The report offers a brief analysis of the 22 pieces of legislation that the food policy councils, collectively, agreed would have a positive impact on the food system, and then catalogues the voting records of each state senator and assembly member on the fifteen bills that made it to an actual vote. Bills that passed both houses of the legislature and were approved by Governor Brown included a law designed to protect farm workers from sexual harassment and another that established a Farm to Fork office focused on providing healthy food to low-income Californians.

As the report notes, “The variety of legislation, whether successful or not, is representative of a food movement beginning to articulate its priorities in the Legislature.”

Still, landmark legislation that would have required GMO labeling and warning labels for sweetened beverages — to name two notable examples — both failed at various points in the legislative process.
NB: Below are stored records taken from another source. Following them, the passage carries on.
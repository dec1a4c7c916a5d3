-- ===== src/Postgres/Partitions.antt =====
-- internal/postgresstore/store.go: the daily partitions of the table: creating them, and moving rows out of
-- the default partition where they stand in the way. A statement is what its SQL text says; a transaction
-- is a component of its own, on a world of its own until it is committed.
use mcp_ironclaw.Prelude.{
  ℕ, zero, suc, ◌+◌, ◌-◌, ◌*◌, ◌%◌, ◌≡◌, ◌⊎◌, Bool, true, false, not, ◌&&◌, ◌||◌, Option, none,
  some, List, [], ◌∷◌, ◌++◌, ltb, leb, select, if◌then◌else◌,
}
use mcp_ironclaw.Go.Text.{Text, codes, text_eq, text_lt}
use mcp_ironclaw.Domain.Errors.{Error, Result, ok, err}
use mcp_ironclaw.Domain.Key.{AggregateWindow}
use mcp_ironclaw.Postgres.{Rows, scan_devices}
use mcp_ironclaw.Postgres.Statements.{Table, insert_window}

-- The rows of the default partition, those of the daily ones, and whether the default is attached.
pub record Tables : Type 0 where
  pub attached : Bool
  pub default_rows : Table
  pub daily_rows : Table

-- The rows that a query of `aggregate_windows` sees.
abbrev pub visible : Tables → Table
visible t = (if t.attached then t.default_rows else []) ++ t.daily_rows

-- WHERE window_start >= $1 AND window_start < $2
abbrev pub in_range : ℕ → ℕ → AggregateWindow → Bool
in_range start end w = leb start w.window_start && ltb w.window_start end

-- INSERT INTO … SELECT * … ON CONFLICT DO NOTHING
unfoldable pub insert_all : Table → Table → Table
insert_all [] rows = rows
insert_all (w ∷ ws) rows = (insert_window w (insert_all ws rows)).0

-- The statements of `adoptFromDefaultPartition`, for a day from its start to its end.
pub data Statement : Type 0 where
  detach_default create_partition move_rows clear_rows attach_default : Statement

unfoldable pub perform : ℕ → ℕ → Statement → Tables → Tables
perform start end Statement.detach_default t = record t { attached = false }
perform start end Statement.create_partition t = t
perform start end Statement.move_rows t = record t {
  daily_rows = insert_all (select (in_range start end) t.default_rows) t.daily_rows;
}
perform start end Statement.clear_rows t = record t {
  default_rows = select (λ w. not (in_range start end w)) t.default_rows;
}
perform start end Statement.attach_default t = record t { attached = true }

abbrev pub adoption : List Statement
adoption =
    Statement.detach_default ∷ Statement.create_partition ∷ Statement.move_rows
    ∷ Statement.clear_rows ∷ Statement.attach_default ∷ []

-- The statement `ensurePartition` and the transactions of the driver, for a start and an end. A deferred
-- rollback has no effect after a commit.
pub record Connection (W T : Type 0) : Type 0 where
  pub ensure : ℕ → ℕ → W → W × Option Error
  pub begin : W → W × Result T
  pub exec : ℕ → ℕ → Statement → T → T × Option Error
  pub commit : T → W → W × Option Error
  pub rollback : T → W → W
  pub is_check_violation : Error → Bool

-- The instants are UTC: 24 hours divide them into days.
abbrev pub day_length : ℕ
day_length = 24 * 3600 * 1_000_000_000

-- day.UTC().Truncate(24 * time.Hour)
abbrev pub start_of_day : ℕ → ℕ
start_of_day t = t - t % day_length

module _ {W T : Type 0} (c : Connection W T) where
  -- The statements of a transaction, up to the first that fails.
  unfoldable pub run_statements : ℕ → ℕ → List Statement → T → T × Option Error
  run_statements start end [] t = (t, none)
  run_statements start end (st ∷ rest) t =
      let (t', failure) = c.exec start end st t in
      elim failure [ some e ↦ (t', some e) | none ↦ run_statements start end rest t' ]

  unfoldable pub adopt_from_default_partition : ℕ → ℕ → W → W × Option Error
  adopt_from_default_partition start end x =
      let (x', begun) = c.begin x in
      elim begun [
        | err e ↦ (x', some e)
        | ok t ↦
            let (t', failure) = run_statements start end adoption t in
            elim failure [ some e ↦ (c.rollback t' x', some e) | none ↦ c.commit t' x' ]
      ]

  unfoldable pub ensure_partition : ℕ → W → W × Option Error
  ensure_partition day x =
      let start = start_of_day day in
      let (x', failure) = c.ensure start (start + day_length) x in
      elim failure [
        | none ↦ (x', none)
        | some e ↦
            if c.is_check_violation e
            then adopt_from_default_partition start (start + day_length) x'
            else (x', some e)
      ]

  -- The loop of `EnsurePartitions`, from an offset, with the days that are left.
  unfoldable pub ensure_from : ℕ → ℕ → ℕ → W → W × Option Error
  ensure_from start offset zero x = (x, none)
  ensure_from start offset (suc days) x =
      let (x', failure) = ensure_partition (start + offset * day_length) x in
      elim failure [ some e ↦ (x', some e) | none ↦ ensure_from start (suc offset) days x' ]

  abbrev pub ensure_partitions : ℕ → ℕ → W → W × Option Error
  ensure_partitions start days x = ensure_from start 0 days x

-- What the store relies on, for the tables that a world and a transaction show: a statement that
-- succeeds has done what it says; a transaction starts from the tables as they are, and they change only
-- if it is committed, though a commit that reports an error may have been made.
pub record IsTransactional {W T : Type 0} (c : Connection W T) (tables : W → Tables)
    (inside : T → Tables) : Type 0 where
  pub ensured : (start end : ℕ) (x : W) → tables (c.ensure start end x).0 ≡ tables x
  pub begun : (x : W) → tables (c.begin x).0 ≡ tables x
  pub isolated : (x : W) (t : T) → (c.begin x).1 ≡ ok t → inside t ≡ tables x
  pub executed :
      (start end : ℕ) (st : Statement) (t : T)
      → (c.exec start end st t).1 ≡ none
      → inside (c.exec start end st t).0 ≡ perform start end st (inside t)
  pub committed : (t : T) (x : W) → (c.commit t x).1 ≡ none → tables (c.commit t x).0 ≡ inside t
  pub commit_failed :
      (t : T) (x : W) (e : Error)
      → (c.commit t x).1 ≡ some e
      → (tables (c.commit t x).0 ≡ tables x) ⊎ (tables (c.commit t x).0 ≡ inside t)
  pub rolled_back : (t : T) (x : W) → tables (c.rollback t x) ≡ tables x

abbrev default_partition : Text
default_partition = codes "aggregate_windows_default"

-- The loop of `DropPartitionsBefore` over the names, with how many have been dropped.
unfoldable pub drop_each :
    {W : Type 0} → (Text → W → W × Option Error) → Text → List Text → ℕ → W → W × ℕ × Option Error
drop_each drop boundary [] dropped x = (x, dropped, none)
drop_each drop boundary (name ∷ names) dropped x =
    elim (text_eq name default_partition || not (text_lt name boundary)) [
      | true ↦ drop_each drop boundary names dropped x
      | false ↦
          let (x', failure) = drop name x in
          elim failure [
            | some e ↦ (x', dropped, some e)
            | none ↦ drop_each drop boundary names (suc dropped) x'
          ]
    ]

-- `DropPartitionsBefore`, for the query of the partitions, the statement that drops one, and the name of
-- the cutoff's partition.
unfoldable pub drop_partitions_before :
    {W : Type 0}
    → (W → Result Rows)
    → (Text → W → W × Option Error)
    → Text
    → W
    → W × ℕ × Option Error
drop_partitions_before query drop boundary x = elim (query x) [
  | err e ↦ (x, 0, some e)
  | ok rows ↦
      let (names, failure) = scan_devices rows.scanned [] rows.failure in
      elim failure [ some e ↦ (x, 0, some e) | none ↦ drop_each drop boundary names.devices 0 x ]
]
According to Oakland Food Policy Council director Esperanza Pallana, those failures are indicative that, when it comes to issues of food equity and sustainability, the California legislature is still largely controlled by corporate interests.

For instance, Dimock highlighted SB 1000, the sugary beverage bill, as a specific example where the millions of dollars that PepsiCo and the rest of the beverage industry spent on lobbyists ultimately killed the bill.

“We have the many, but not the money,” Pallana said. “It’s going to take a very determined and assertive approach in our legislature to make changes.”